Collected data

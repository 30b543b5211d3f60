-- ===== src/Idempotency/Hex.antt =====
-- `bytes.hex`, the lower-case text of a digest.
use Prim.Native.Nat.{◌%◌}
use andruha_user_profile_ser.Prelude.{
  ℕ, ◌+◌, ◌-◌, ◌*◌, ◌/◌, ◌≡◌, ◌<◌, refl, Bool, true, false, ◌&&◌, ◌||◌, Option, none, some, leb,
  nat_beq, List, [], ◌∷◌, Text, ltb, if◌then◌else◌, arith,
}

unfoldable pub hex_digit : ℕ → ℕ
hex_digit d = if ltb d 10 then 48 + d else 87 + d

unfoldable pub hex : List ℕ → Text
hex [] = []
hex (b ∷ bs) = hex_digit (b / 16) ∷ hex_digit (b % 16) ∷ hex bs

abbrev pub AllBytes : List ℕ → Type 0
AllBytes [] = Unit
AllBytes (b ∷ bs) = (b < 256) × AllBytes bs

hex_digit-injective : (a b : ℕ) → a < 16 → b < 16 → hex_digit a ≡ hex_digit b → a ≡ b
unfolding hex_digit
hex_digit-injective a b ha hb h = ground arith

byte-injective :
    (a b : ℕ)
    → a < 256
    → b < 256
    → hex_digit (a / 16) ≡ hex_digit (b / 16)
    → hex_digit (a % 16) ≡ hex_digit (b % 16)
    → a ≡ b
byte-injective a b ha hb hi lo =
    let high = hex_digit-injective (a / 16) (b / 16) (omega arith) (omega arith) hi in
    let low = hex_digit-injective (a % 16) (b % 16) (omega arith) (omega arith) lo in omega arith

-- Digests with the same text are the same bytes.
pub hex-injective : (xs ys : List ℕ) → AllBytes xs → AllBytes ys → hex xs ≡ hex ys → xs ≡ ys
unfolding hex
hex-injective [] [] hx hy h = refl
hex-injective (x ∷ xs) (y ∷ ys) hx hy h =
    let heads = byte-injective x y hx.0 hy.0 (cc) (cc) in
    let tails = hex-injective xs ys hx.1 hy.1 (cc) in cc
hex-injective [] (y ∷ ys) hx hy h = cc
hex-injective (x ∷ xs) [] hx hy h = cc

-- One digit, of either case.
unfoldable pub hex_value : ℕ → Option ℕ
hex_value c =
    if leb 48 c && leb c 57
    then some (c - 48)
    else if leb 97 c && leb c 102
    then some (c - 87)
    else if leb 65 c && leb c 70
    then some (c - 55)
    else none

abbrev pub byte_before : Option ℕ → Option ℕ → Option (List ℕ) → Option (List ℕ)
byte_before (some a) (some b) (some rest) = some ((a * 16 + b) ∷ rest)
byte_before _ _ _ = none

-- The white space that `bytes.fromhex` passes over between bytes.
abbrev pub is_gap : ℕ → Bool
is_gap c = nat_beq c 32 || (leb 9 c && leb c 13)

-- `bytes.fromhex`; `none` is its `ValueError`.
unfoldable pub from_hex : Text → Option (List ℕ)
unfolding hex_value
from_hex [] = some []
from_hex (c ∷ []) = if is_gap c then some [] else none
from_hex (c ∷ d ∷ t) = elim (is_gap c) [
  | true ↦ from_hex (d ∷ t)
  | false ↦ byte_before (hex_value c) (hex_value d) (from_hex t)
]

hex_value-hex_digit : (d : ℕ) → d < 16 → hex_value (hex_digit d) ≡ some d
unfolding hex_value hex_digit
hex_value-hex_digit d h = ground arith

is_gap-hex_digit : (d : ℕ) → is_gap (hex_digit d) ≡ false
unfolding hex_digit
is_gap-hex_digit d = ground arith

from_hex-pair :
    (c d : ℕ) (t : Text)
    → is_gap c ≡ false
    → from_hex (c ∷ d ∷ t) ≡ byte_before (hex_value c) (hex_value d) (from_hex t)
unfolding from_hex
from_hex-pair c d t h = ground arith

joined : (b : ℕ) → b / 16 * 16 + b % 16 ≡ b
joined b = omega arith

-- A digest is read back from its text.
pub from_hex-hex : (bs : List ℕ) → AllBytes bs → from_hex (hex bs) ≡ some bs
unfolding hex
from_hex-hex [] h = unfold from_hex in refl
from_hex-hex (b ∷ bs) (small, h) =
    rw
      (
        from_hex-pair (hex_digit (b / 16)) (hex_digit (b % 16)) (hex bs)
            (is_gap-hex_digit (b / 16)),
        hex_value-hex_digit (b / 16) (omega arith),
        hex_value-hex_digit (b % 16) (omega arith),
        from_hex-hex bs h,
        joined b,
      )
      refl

- **The problem**
From the records above, copy out the line with "from_hex (c ∷ d ∷ t) = elim", the line with "t) ≡ byte_before", and every line between them, word for word.

- **Exercise result**
from_hex (c ∷ d ∷ t) = elim (is_gap c) [
  | true ↦ from_hex (d ∷ t)
  | false ↦ byte_before (hex_value c) (hex_value d) (from_hex t)
]

hex_value-hex_digit : (d : ℕ) → d < 16 → hex_value (hex_digit d) ≡ some d
unfolding hex_value hex_digit
hex_value-hex_digit d h = ground arith

is_gap-hex_digit : (d : ℕ) → is_gap (hex_digit d) ≡ false
unfolding hex_digit
is_gap-hex_digit d = ground arith

from_hex-pair :
    (c d : ℕ) (t : Text)
    → is_gap c ≡ false
    → from_hex (c ∷ d ∷ t) ≡ byte_before (hex_value c) (hex_value d) (from_hex t)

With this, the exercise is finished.